This is the third of seven Jewish legal opinions regarding the status of unborn human life that depart from the protections for unborn human life stated clearly in Tanakh. We are offering these seven opinions in parallel with the seven Haftorot of Consolation that fall on the seven consecutive Shabbats between Tisha B' Av and Rosh Hashanah. This week we examine the opinion that allows for abortion to treat maternal mental illness.
The tribulation and tragedy of mental illness cannot be overestimated. A clinical overview of its causes, diagnosis, and treatment doesn’t begin to show the complicated personal and family pain and suffering it engenders. The dysfunction spills out into society where we see the profound social problems and costs associated with it.
Anyone who has experienced mental illness personally or has worked in the field knows that our modern methods of diagnosing and treating it have a long way to go before efficacious, safe methods are discovered and accepted.
One thing is clear. In not one single case listed in the literature is killing another person a suggested treatment for mental illness. Even in cases where abuse is found to be the cause of the illness, the treatment does not include killing the abuser.
Killing unborn children to treat mental illness is an accepted treatment, however. Many legal experts, doctors, social workers, psychologists and clergy frequently determine that torturing a baby to death in the womb passes for ethical treatment of maternal mental illness.
Several elements converge to allow this practice. The unborn baby is dehumanized and so killing it falls outside moral consideration. A sincere desire to alleviate maternal suffering, unawareness of alternative treatments, and time pressures of pregnancy all contribute. Psychiatric treatment for mental illness uses drug therapy, so the use of chemical abortion fits well into the treatment model.
As long as the dangers of all abortion and especially chemical abortion go unreported in professional mental health literature, use of abortion drugs to treat maternal mental illness will continue.
When treating maternal mental illness with abortion began, no valid research was available to prove the humanity of the baby in the womb. We now know that the treatment kills an innocent human being, a child. This information begs the question: Would treatment for maternal mental illness include killing her infant or toddler? The same visceral opposition to this treatment option ought to apply to killing her unborn child.
Likewise, no valid research was available to show that mental and emotional problems increase after abortion. Many research studies now prove strongly that abortion causes and exacerbates mental illness.

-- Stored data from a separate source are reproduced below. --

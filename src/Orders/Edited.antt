-- ===== src/Orders/Edited.antt =====
-- When an order may be edited, and what may no longer be ordered.
use restaurant_pos.Base.{
  All, some_of, ◌==◌, ℕ, ◌+◌, ◌≡◌, ◌≢◌, sym, ◌∙◌, ap, subst, inl, inr, true, false, some, List,
  arith, Bool-cases, Option-cases,
}
use restaurant_pos.Base.Text.{Text}
use restaurant_pos.Base.Table.{get}
use restaurant_pos.Base.Result.{Result-cases, ok}
use restaurant_pos.Store.{Store, AuditAction}
use restaurant_pos.Billing.Access.{record_audit_event}
use restaurant_pos.Auth.Policy.{User, can, edit_order}
use restaurant_pos.Billing.Types.{Bill}
use restaurant_pos.Billing.Update.{is_editable, assert_bill_editable}
use restaurant_pos.Kds.Board.{board_of, sync_order_into_kds}
use restaurant_pos.Menu.Types.{Context, Category, Menu, MenuItem}
use restaurant_pos.Menu.Repository.{category_by_id, item_by_id}
use restaurant_pos.Menu.Admin.{admin_delete_category}
use restaurant_pos.Menu.Deleted.{Keyed, admin_delete_category-hides}
use restaurant_pos.Orders.Types.{Order, OrderItem, is_delivered}
use restaurant_pos.Orders.Update.{update_order, load_order, branch_matches}
use restaurant_pos.Orders.Cancel.{check_bill}
use restaurant_pos.Orders.Laws.{Changed, update_order-eq-ok}
use restaurant_pos.Orders.Build.{
  OrderMenuItemInput, build_order_item_from_menu, build_order_items_from_menu,
}
use restaurant_pos.Orders.Built.{build_order_item-Built}
use restaurant_pos.Orders.Stored.{carry_out_edit-stored}
use restaurant_pos.Orders.Spared.{prepared, holds, apply_edit-spares, apply_edit-removes}
use restaurant_pos.Orders.Edit.{
  EditInput, edit_order_before_payment, carry_out_edit, apply_edit, reduces_no_prepared,
  remove_ids_from_bill,
}

-- Once a category is deleted, no order item can be built of an item that stood in it, whatever the
-- user may override, where the rows of the menu stand under their ids.
pub deleted_category_unorderable :
    (x : Context) (now id : ℕ) (m : Menu) (c : Category) (text_of_id : ℕ → Text) (user : User)
    (branch : ℕ) (input : OrderMenuItemInput) (i : MenuItem) (y : OrderItem)
    → Keyed m
    → category_by_id m id ≡ some c
    → item_by_id m input.menu_item ≡ some i
    → i.category ≡ id
    → build_order_item_from_menu text_of_id user branch (admin_delete_category x id now m).1 input
      ≢ ok y
deleted_category_unorderable x now id m c text_of_id user branch input i y keyed e found at h =
    let b =
      build_order_item-Built text_of_id user branch (admin_delete_category x id now m).1 input y
        h in
    let (was, apart) =
      (admin_delete_category-hides x now id m c keyed e).1 input.menu_item b.row b.found in
    let same : some i ≡ some b.row = sym found ∙ was in
    let row : b.row ≡ i = ground arith in apart (ap (λ z. z.category) row ∙ at)

-- How an edit went through.
record Edited (s : Store) (text_of_id : ℕ → Text) (m : Menu) (user : User) (id : ℕ)
    (input : EditInput) (now : ℕ) (y : Order) : Type 0 where
  before : Order
  added : List OrderItem
  found : get s.orders id ≡ some before
  matches : branch_matches user before.branch ≡ true
  bill : (check_bill before s).0 ≡ ok tt
  unprepared : reduces_no_prepared input (board_of s) before ≡ true
  built : build_order_items_from_menu text_of_id user before.branch m input.add_items ≡ ok added
  change : Changed s id input.expected now (apply_edit user input added now) y
  stored : get (edit_order_before_payment text_of_id m user id input now s).1.orders id ≡ some y

check_bill-store : (o : Order) (s : Store) → (check_bill o s).1 ≡ s
unfolding check_bill
check_bill-store o s = elim (Option-cases o.session) [
  | inl e ↦ ground arith
  | inr (x, e) ↦ ground arith
]

carry_out_edit-Changed :
    (user : User) (id : ℕ) (input : EditInput) (added : List OrderItem) (now : ℕ) (s : Store)
    (y : Order)
    → (carry_out_edit user id input added now s).0 ≡ ok y
    → Changed s id input.expected now (apply_edit user input added now) y
unfolding carry_out_edit sync_order_into_kds record_audit_event
carry_out_edit-Changed user id input added now s y h =
    elim (Result-cases (update_order id input.expected (apply_edit user input added now) now s).0) [
      | inr (z, f) ↦ ground arith
      | inl (o, g) ↦
          let after = (update_order id input.expected (apply_edit user input added now) now s).1 in
          let audited = (record_audit_event AuditAction.order_edited user.id o.id 0 now after).1 in
          elim (Result-cases (remove_ids_from_bill o.session input.remove_items now audited).0) [
            | inr (z, f) ↦ ground arith
            | inl (_, f) ↦
                let same : o ≡ y = ground arith in
                update_order-eq-ok id input.expected now _ s y (g ∙ ap ok same)
          ]
    ]

edit_order-Edited :
    (text_of_id : ℕ → Text) (m : Menu) (user : User) (id : ℕ) (input : EditInput) (now : ℕ)
    (s : Store) (y : Order)
    → (edit_order_before_payment text_of_id m user id input now s).0 ≡ ok y
    → Edited s text_of_id m user id input now y
unfolding edit_order_before_payment load_order
edit_order-Edited text_of_id m user id input now s y h = elim (Bool-cases (can user edit_order)) [
  | inr f ↦ ground arith
  | inl a ↦ elim (Option-cases (get s.orders id)) [
    | inl e ↦ ground arith
    | inr (o, e) ↦ elim (Bool-cases (branch_matches user o.branch)) [
      | inr f ↦ ground arith
      | inl b ↦
          let kept = check_bill-store o s in
          elim (Result-cases (check_bill o s).0) [
            | inr (z, f) ↦ ground arith
            | inl (u, c) ↦ elim (Bool-cases (reduces_no_prepared input (board_of s) o)) [
              | inr f ↦ ground arith
              | inl d ↦
                  elim (Result-cases
                    (build_order_items_from_menu text_of_id user o.branch m input.add_items)) [
                      | inr (z, f) ↦ ground arith
                      | inl (added, g) ↦ record {
                        before = o;
                        added = added;
                        found = e;
                        matches = b;
                        bill = c;
                        unprepared = d;
                        built = g;
                        change = carry_out_edit-Changed user id input added now s y (ground arith);
                        stored =
                            let left =
                              carry_out_edit-stored user id input added now s y (ground arith) in
                            ground arith;
                      }
                    ]
            ]
          ]
    ]
  ]
]

not_delivered :
    (user : User) (input : EditInput) (added : List OrderItem) (now : ℕ) (o d : Order)
    → apply_edit user input added now o ≡ ok d
    → is_delivered o.status ≡ false
unfolding apply_edit
not_delivered user input added now o d h = ground arith

-- An edit that goes through was made on the version that the caller saw, on an order that was not
-- delivered, whose bill, if its session has one, may still change. The order that it gives back is
-- stored: every item that was prepared before is in it, in at least its quantity, and no item that was
-- to be removed is.
pub edit_order_guarded :
    (text_of_id : ℕ → Text) (m : Menu) (user : User) (id : ℕ) (input : EditInput) (now : ℕ)
    (s : Store) (y : Order)
    → (edit_order_before_payment text_of_id m user id input now s).0 ≡ ok y
    → (x : Order) × (get s.orders id ≡ some x)
      × (x.version ≡ input.expected)
      × (y.version ≡ input.expected + 1)
      × (is_delivered x.status ≡ false)
      × (get (edit_order_before_payment text_of_id m user id input now s).1.orders id ≡ some y)
      × All (λ i. prepared (board_of s) x i ≡ true → holds i y.items ≡ true) x.items
      × All (λ j. some_of (λ k. k == j.id) input.remove_items ≡ false) y.items
      × ((session : ℕ) (b : Bill)
          → x.session ≡ some session
          → get s.bills session ≡ some b
          → is_editable b ≡ true)
unfolding check_bill assert_bill_editable
edit_order_guarded text_of_id m user id input now s y h =
    let k = edit_order-Edited text_of_id m user id input now s y h in
    let c = k.change in
    let same : k.before ≡ c.was = ground (arith, k.found, c.found) in
    let items : c.draft.items ≡ y.items = ap (λ (o : Order). o.items) c.gives in
    let unprepared =
      subst (λ o. reduces_no_prepared input (board_of s) o ≡ true) same k.unprepared in
    (
      c.was,
      c.found,
      c.version,
      ap (λ (o : Order). o.version) (sym c.gives) ∙ ap (λ v. v + 1) c.version,
      not_delivered user input k.added now c.was c.draft c.drafted,
      k.stored,
      subst (λ z. All (λ i. prepared (board_of s) c.was i ≡ true → holds i z ≡ true) c.was.items)
          items
          (apply_edit-spares user input k.added now (board_of s) c.was c.draft unprepared
            c.drafted),
      subst (All (λ (j : OrderItem). some_of (λ n. n == j.id) input.remove_items ≡ false)) items
          (apply_edit-removes user input k.added now c.was c.draft c.drafted),
      (λ session b at_session found.
          let at_before : k.before.session ≡ some session =
            ap (λ (o : Order). o.session) same ∙ at_session in
          ground (arith, k.bill, at_before, found)),
    )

Abortion can now be shown to be contraindicated as a treatment for mental illness. In cases of rape, a highly stressful situation, surveys of women who had abortion say it added to their trauma.
Mental illness often leads to loss of autonomy in treatment decisions, leading to forced abortion. Once a court orders a mental health assessment and a diagnosis is determined, treatment authority transfers from the mother to a doctor or family member who can order an abortion that may be against her wishes. The patient may be sufficiently weakened from drug therapy meant to manage her symptoms that she is unable to object to abortion and protect her unborn child.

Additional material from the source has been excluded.